As this is a job that needs abilities and knowledge, the wage is usually good and much like other medical center employees. The figures on respiratory therapist wage range from $40,000 to more than $70,000 and those rely on many aspects such as credentials, experience, states. Respiratory practitioners with more than 5 years of experience live in a suitable state such New York or Washington could actually generate more than $70,000, while people who have credentials as Licensed Respiratory Therapist and stay in colleges and universities could generate around $60,000. On the other hand, the common wage for respiratory in nursing care facilities and workplaces of other health practitioners’ is around $58,000, while the common medical centers pay about $55,880. The variations between states also matter. If a respiratory therapist lives in New York, he could generate around $70,000 while in Northern Dakota, the number is just $57,000. As described above, the requirements of experience is also taken into consideration: the more you have, the higher your wage is.

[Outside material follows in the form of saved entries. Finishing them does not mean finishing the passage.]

-- ===== src/Message/UnsubscribeNamespace.antt =====
-- moq-transport/src/message/unsubscribe_namespace.rs: a subscriber ends its interest in a namespace.
use linode_moq.Prelude.{ℕ, List, [], ◌++◌}
use linode_moq.Coding.Buffer.{Buf, BufMut}
use linode_moq.Coding.Decoder.{Decoder, pure, ◌>>=◌}
use linode_moq.Coding.Encoder.{Encoder, done, ◌>>◌}
use linode_moq.Coding.Codec.{IsCodec}
use linode_moq.Coding.Rules.Writes.{Writes, Writes-then, Writes-done}
use linode_moq.Coding.Rules.Parses.{Parses, Parses-bind, Parses-pure}
use linode_moq.Coding.Rules.Ensures.{Ensures, Ensures-bind, Ensures-pure}
use linode_moq.Coding.Tuple.{
  Tuple, TupleFits, tuple_wire, tuple_encode, tuple_decode, tuple_encode-Writes,
  tuple_decode-Parses, tuple_decode-Ensures,
}

pub record UnsubscribeNamespace : Type 0 where
  pub namespace_prefix : Tuple

pub record UnsubscribeNamespaceFits (m : UnsubscribeNamespace) : Type 0 where
  pub namespace_prefix : TupleFits m.namespace_prefix

unfoldable pub unsubscribe_namespace_wire : UnsubscribeNamespace → List ℕ
unsubscribe_namespace_wire m = tuple_wire m.namespace_prefix ++ []

module _ {W : Type 0} ⦃c : BufMut W⦄ where
  unfoldable pub unsubscribe_namespace_encode : UnsubscribeNamespace → Encoder W
  unsubscribe_namespace_encode m = do tuple_encode m.namespace_prefix; done

  pub unsubscribe_namespace_encode-Writes :
      (m : UnsubscribeNamespace)
      → UnsubscribeNamespaceFits m
      → Writes c (unsubscribe_namespace_encode m) (unsubscribe_namespace_wire m)
  unfolding unsubscribe_namespace_wire unsubscribe_namespace_encode
  unsubscribe_namespace_encode-Writes m h =
      Writes-then (tuple_encode-Writes m.namespace_prefix h.namespace_prefix) (Writes-done)

module _ {R : Type 0} ⦃b : Buf R⦄ where
  unfoldable pub unsubscribe_namespace_decode : Decoder R UnsubscribeNamespace
  unsubscribe_namespace_decode = do
    namespace_prefix ← tuple_decode
    pure (record { namespace_prefix = namespace_prefix })

  pub unsubscribe_namespace_decode-Parses :
      (m : UnsubscribeNamespace)
      → UnsubscribeNamespaceFits m
      → Parses b unsubscribe_namespace_decode (unsubscribe_namespace_wire m) m
  unfolding unsubscribe_namespace_wire unsubscribe_namespace_decode
  unsubscribe_namespace_decode-Parses m h =
      Parses-bind _ (tuple_decode-Parses m.namespace_prefix h.namespace_prefix) (Parses-pure m)

  pub unsubscribe_namespace_decode-Ensures :
      Ensures b UnsubscribeNamespaceFits unsubscribe_namespace_decode
  unfolding unsubscribe_namespace_decode
  unsubscribe_namespace_decode-Ensures =
      Ensures-bind _ tuple_decode-Ensures λ namespace_prefix namespace_prefix'.
        Ensures-pure _ (record { namespace_prefix = namespace_prefix' })

module _ {R W : Type 0} ⦃b : Buf R⦄ ⦃c : BufMut W⦄ where
  pub unsubscribe_namespace-IsCodec :
      IsCodec b c UnsubscribeNamespaceFits unsubscribe_namespace_wire unsubscribe_namespace_encode
        unsubscribe_namespace_decode
  unsubscribe_namespace-IsCodec = record {
    writes = unsubscribe_namespace_encode-Writes;
    parses = unsubscribe_namespace_decode-Parses;
    ensures = unsubscribe_namespace_decode-Ensures;
  }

As mentioned above, a respiratory therapist provides care and therapy to sufferers who have complications breathing or cardiopulmonary problems. It makes no difference who you are, how old you are, if you have lung-related or respiratory illnesses, they would be the ones who treat you. In many medical centers, with regards to immediate cases such as a heart stroke, drowning or shock, respiratory practitioners would be called for immediate care. This job is not only engaged in many types of sufferers but also available in many places. A respiratory therapist could work in various environments: from working in nursing care facilities, medical centers to teaching in universities, colleges and vocational schools. They might choose to work in a private office with frequent hours or medical centers, treatment centers with opportunities to work at evenings, Saturdays and Sundays in case of emergency.